* Work to be completed
Lines to return, exactly: from the line with "(str (authority_policy_digest r.authority_policy))" to the line with "(str epoch5_receipt_path) end)))" in the entries below, both included.

··· Dataset

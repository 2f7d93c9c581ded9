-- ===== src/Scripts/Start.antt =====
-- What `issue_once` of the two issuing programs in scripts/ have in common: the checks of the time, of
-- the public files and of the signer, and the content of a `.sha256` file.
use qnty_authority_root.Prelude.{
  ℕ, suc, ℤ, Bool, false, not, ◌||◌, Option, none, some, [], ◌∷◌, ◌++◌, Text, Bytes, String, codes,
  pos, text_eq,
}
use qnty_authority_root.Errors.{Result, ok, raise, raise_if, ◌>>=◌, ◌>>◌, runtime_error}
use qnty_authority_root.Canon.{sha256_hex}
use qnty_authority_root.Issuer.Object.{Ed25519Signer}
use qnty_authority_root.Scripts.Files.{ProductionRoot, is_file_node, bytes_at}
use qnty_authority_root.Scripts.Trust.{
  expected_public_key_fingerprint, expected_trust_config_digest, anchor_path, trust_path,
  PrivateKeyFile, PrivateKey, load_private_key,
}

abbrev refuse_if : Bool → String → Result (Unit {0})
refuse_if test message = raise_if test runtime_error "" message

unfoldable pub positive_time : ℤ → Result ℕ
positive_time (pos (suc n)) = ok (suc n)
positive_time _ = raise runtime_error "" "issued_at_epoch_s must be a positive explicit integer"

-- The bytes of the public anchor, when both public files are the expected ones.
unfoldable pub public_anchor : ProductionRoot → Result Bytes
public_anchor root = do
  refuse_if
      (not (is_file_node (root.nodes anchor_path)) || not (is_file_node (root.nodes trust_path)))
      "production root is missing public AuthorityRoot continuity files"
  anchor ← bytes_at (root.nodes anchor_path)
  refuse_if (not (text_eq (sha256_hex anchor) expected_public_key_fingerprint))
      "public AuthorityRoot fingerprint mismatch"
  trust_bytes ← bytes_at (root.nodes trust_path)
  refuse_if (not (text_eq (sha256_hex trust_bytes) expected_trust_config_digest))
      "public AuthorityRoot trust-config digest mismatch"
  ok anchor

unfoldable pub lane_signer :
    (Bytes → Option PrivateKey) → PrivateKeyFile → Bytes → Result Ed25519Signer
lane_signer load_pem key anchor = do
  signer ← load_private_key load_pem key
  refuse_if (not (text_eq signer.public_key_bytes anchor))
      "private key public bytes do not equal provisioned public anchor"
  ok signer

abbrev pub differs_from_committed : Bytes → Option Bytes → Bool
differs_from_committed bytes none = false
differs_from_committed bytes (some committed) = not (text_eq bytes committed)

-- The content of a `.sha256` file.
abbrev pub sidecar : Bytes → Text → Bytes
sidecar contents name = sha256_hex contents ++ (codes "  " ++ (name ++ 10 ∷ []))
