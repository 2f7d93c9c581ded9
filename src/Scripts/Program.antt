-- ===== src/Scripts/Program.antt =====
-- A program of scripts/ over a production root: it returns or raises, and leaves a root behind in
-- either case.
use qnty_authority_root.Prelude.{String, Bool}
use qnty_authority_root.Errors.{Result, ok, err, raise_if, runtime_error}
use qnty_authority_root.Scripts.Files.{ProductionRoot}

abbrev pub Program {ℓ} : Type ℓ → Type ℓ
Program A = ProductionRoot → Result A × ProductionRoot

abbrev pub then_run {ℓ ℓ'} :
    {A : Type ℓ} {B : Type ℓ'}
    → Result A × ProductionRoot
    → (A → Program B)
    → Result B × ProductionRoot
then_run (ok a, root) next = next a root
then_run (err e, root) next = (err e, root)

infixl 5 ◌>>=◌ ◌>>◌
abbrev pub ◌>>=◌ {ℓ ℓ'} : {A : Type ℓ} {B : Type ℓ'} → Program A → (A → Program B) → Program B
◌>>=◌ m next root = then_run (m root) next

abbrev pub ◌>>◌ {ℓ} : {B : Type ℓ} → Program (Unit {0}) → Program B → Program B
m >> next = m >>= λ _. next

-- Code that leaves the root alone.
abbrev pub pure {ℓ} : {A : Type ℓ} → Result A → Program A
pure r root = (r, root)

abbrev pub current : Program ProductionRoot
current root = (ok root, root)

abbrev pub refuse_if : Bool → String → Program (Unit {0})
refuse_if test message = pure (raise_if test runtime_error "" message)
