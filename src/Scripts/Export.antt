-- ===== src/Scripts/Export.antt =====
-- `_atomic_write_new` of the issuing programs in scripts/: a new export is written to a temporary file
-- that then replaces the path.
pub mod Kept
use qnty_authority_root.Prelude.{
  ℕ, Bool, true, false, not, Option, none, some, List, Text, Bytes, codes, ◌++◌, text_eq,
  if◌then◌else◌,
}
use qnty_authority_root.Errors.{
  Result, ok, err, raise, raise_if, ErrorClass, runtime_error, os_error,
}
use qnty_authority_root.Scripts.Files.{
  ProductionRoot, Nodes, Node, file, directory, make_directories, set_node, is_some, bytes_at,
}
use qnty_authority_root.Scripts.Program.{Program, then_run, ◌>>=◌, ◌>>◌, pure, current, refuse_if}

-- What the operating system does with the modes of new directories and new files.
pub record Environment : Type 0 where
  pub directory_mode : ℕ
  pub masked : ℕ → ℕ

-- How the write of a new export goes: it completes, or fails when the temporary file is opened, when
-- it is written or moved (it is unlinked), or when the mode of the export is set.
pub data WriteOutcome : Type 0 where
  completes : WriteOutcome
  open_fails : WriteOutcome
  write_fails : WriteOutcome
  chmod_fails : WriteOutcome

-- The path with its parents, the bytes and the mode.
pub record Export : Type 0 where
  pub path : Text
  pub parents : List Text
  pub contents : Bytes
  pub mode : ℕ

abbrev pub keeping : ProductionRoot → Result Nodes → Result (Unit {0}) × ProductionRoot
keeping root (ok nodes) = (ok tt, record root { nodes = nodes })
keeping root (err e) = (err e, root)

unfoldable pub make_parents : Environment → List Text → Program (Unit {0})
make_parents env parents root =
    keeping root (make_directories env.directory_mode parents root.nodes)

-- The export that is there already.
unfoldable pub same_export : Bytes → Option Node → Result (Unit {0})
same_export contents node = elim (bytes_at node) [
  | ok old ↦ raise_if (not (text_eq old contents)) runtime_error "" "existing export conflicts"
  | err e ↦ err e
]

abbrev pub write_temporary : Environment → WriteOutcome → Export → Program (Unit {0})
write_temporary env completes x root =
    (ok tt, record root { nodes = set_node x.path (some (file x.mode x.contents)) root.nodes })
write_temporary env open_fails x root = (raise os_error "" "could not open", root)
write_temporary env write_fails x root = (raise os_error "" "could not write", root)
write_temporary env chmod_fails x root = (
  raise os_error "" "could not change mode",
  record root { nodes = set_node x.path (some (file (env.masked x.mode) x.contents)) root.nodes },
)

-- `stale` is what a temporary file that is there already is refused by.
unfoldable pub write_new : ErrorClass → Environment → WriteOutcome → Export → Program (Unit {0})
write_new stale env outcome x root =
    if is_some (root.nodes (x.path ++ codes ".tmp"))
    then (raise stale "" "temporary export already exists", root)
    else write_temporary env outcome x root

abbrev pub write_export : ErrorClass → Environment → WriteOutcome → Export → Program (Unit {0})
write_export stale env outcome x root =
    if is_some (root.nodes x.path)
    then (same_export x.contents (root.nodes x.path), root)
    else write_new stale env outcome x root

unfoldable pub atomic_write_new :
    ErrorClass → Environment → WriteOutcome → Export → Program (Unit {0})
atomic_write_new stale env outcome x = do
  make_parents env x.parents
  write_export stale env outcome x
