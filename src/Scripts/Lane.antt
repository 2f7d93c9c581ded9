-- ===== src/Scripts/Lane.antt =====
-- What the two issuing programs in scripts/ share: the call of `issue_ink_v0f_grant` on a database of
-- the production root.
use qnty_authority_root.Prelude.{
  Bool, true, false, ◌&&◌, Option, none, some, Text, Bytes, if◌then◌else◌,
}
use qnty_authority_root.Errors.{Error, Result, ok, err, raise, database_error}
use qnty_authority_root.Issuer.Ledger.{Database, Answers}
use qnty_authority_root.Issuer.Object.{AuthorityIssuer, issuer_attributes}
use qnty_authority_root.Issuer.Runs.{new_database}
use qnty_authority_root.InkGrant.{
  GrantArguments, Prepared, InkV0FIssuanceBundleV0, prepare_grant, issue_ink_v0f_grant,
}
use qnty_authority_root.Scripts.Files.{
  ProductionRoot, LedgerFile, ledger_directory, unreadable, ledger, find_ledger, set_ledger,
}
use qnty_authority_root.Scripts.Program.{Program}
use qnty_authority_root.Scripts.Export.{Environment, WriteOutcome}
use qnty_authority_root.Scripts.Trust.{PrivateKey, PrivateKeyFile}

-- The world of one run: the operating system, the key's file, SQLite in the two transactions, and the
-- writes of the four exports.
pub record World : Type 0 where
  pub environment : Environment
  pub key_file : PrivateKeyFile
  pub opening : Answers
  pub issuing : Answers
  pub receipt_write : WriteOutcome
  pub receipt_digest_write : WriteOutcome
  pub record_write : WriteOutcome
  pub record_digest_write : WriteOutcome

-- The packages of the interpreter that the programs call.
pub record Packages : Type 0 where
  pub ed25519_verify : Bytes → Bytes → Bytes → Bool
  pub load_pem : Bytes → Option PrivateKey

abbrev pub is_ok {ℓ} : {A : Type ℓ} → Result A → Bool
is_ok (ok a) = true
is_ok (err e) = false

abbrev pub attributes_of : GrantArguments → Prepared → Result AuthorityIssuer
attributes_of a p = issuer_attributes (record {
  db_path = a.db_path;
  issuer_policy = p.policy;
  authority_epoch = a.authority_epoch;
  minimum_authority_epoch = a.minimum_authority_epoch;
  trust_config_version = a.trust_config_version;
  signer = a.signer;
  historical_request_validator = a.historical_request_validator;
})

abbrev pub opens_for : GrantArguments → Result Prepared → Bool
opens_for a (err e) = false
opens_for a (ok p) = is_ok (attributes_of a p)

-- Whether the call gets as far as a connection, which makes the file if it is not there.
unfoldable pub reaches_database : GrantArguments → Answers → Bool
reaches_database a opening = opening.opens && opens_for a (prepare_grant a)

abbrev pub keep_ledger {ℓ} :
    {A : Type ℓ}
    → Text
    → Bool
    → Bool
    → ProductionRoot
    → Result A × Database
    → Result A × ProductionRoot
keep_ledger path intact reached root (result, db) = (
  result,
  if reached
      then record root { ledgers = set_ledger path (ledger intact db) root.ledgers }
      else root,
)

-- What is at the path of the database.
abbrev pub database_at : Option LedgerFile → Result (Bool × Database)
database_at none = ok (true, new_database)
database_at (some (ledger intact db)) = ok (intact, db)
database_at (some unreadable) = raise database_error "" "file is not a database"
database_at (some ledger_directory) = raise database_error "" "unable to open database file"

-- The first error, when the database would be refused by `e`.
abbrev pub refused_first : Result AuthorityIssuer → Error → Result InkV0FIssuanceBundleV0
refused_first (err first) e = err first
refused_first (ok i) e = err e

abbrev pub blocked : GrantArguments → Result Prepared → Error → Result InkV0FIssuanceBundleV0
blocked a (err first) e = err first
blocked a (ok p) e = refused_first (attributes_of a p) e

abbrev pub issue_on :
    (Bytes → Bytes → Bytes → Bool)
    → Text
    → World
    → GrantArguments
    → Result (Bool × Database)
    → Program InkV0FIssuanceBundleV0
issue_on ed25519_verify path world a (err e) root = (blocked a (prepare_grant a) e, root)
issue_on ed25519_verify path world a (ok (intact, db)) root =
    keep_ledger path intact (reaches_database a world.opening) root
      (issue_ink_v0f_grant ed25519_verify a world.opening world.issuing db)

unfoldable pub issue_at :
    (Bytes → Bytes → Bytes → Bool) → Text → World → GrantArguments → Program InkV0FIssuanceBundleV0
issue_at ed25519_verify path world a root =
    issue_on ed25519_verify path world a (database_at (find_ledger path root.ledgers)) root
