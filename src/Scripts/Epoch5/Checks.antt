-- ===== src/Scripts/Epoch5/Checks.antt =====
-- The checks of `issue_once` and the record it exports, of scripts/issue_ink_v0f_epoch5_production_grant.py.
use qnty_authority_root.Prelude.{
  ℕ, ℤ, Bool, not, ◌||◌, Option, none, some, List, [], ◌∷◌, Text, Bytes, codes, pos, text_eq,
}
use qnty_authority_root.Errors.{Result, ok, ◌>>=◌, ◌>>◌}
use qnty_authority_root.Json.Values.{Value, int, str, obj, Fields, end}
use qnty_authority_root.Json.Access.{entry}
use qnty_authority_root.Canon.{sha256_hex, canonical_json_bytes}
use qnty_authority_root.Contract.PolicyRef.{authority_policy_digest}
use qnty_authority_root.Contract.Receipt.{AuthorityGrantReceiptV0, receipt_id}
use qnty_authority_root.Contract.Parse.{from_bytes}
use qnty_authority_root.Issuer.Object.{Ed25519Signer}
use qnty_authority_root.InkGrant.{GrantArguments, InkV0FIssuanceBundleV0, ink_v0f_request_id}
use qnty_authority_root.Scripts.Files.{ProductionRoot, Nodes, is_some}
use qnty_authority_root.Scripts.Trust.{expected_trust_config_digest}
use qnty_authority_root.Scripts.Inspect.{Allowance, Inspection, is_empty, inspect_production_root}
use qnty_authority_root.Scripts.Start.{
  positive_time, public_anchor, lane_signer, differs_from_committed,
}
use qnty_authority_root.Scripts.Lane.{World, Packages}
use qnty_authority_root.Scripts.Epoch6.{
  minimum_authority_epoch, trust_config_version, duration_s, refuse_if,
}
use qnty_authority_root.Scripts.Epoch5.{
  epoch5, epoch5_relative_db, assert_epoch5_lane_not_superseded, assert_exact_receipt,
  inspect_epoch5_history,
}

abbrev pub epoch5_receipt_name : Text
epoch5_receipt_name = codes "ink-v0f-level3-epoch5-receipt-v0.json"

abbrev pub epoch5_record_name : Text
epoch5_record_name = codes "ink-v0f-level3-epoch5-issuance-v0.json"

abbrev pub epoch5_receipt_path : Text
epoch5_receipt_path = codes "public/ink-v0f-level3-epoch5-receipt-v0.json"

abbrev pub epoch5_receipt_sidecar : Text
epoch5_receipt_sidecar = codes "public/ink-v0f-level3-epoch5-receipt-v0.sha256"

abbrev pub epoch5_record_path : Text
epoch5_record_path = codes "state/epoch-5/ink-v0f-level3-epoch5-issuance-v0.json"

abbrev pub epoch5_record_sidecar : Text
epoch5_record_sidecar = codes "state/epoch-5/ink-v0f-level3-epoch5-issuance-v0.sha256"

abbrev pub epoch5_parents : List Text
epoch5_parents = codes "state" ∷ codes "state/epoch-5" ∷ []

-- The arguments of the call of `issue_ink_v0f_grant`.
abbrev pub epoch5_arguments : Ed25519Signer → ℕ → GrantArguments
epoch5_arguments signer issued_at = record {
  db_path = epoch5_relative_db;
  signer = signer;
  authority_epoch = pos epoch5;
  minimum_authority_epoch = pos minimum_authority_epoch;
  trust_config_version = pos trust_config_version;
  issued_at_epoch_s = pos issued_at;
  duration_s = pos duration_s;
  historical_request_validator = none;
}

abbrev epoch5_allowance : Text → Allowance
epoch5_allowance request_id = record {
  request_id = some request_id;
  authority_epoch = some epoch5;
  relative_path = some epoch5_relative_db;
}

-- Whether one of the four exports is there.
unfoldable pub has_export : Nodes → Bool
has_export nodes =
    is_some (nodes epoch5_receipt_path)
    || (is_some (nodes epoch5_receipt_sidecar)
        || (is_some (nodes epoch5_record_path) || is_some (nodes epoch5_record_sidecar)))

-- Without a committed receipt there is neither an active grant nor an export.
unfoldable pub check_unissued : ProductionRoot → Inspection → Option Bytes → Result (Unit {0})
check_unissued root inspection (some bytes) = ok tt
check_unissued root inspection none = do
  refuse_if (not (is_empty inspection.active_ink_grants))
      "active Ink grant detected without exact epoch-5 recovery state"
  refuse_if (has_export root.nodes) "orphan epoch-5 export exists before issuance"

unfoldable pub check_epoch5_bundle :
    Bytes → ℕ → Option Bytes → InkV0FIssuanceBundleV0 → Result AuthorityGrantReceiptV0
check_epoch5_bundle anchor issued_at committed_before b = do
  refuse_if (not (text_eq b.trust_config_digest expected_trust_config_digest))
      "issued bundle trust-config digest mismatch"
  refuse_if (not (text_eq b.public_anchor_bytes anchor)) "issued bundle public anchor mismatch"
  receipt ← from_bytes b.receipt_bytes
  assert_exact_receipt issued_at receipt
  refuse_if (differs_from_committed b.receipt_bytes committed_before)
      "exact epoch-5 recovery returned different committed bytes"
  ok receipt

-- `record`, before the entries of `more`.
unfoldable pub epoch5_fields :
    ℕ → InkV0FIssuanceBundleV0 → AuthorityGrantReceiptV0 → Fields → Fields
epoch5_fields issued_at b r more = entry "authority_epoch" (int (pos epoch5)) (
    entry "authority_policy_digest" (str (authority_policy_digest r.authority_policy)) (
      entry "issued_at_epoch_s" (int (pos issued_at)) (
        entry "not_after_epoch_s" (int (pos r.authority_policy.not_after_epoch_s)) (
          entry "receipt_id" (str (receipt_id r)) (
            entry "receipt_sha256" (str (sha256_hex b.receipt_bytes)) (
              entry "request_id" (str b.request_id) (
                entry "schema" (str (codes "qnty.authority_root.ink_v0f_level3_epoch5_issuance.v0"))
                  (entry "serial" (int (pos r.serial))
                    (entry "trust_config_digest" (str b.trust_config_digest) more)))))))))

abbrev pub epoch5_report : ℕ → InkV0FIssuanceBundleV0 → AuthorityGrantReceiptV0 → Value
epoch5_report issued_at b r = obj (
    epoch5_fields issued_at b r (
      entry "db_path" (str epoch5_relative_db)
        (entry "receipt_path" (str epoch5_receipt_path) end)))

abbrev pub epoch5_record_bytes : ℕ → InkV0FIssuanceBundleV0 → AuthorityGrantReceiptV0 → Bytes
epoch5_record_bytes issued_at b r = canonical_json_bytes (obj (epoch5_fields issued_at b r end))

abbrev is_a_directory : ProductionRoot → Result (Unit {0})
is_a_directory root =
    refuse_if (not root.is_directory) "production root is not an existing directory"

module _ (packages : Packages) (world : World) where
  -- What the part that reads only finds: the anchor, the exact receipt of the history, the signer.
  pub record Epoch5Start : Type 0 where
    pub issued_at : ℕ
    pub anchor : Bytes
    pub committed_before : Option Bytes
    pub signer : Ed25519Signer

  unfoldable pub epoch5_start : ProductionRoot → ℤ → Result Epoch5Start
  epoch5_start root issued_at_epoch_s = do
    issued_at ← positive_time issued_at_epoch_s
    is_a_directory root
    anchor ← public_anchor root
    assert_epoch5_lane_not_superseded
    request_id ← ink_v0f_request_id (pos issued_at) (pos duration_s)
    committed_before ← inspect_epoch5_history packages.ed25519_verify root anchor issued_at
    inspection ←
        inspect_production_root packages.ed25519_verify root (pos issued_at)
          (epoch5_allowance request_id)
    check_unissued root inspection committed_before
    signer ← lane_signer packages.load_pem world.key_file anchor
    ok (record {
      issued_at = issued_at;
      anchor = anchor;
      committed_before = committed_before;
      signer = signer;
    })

······

* Solution to this task
    entry "authority_policy_digest" (str (authority_policy_digest r.authority_policy)) (
      entry "issued_at_epoch_s" (int (pos issued_at)) (
        entry "not_after_epoch_s" (int (pos r.authority_policy.not_after_epoch_s)) (
          entry "receipt_id" (str (receipt_id r)) (
            entry "receipt_sha256" (str (sha256_hex b.receipt_bytes)) (
              entry "request_id" (str b.request_id) (
                entry "schema" (str (codes "qnty.authority_root.ink_v0f_level3_epoch5_issuance.v0"))
                  (entry "serial" (int (pos r.serial))
                    (entry "trust_config_digest" (str b.trust_config_digest) more)))))))))

abbrev pub epoch5_report : ℕ → InkV0FIssuanceBundleV0 → AuthorityGrantReceiptV0 → Value
epoch5_report issued_at b r = obj (
    epoch5_fields issued_at b r (
      entry "db_path" (str epoch5_relative_db)
        (entry "receipt_path" (str epoch5_receipt_path) end)))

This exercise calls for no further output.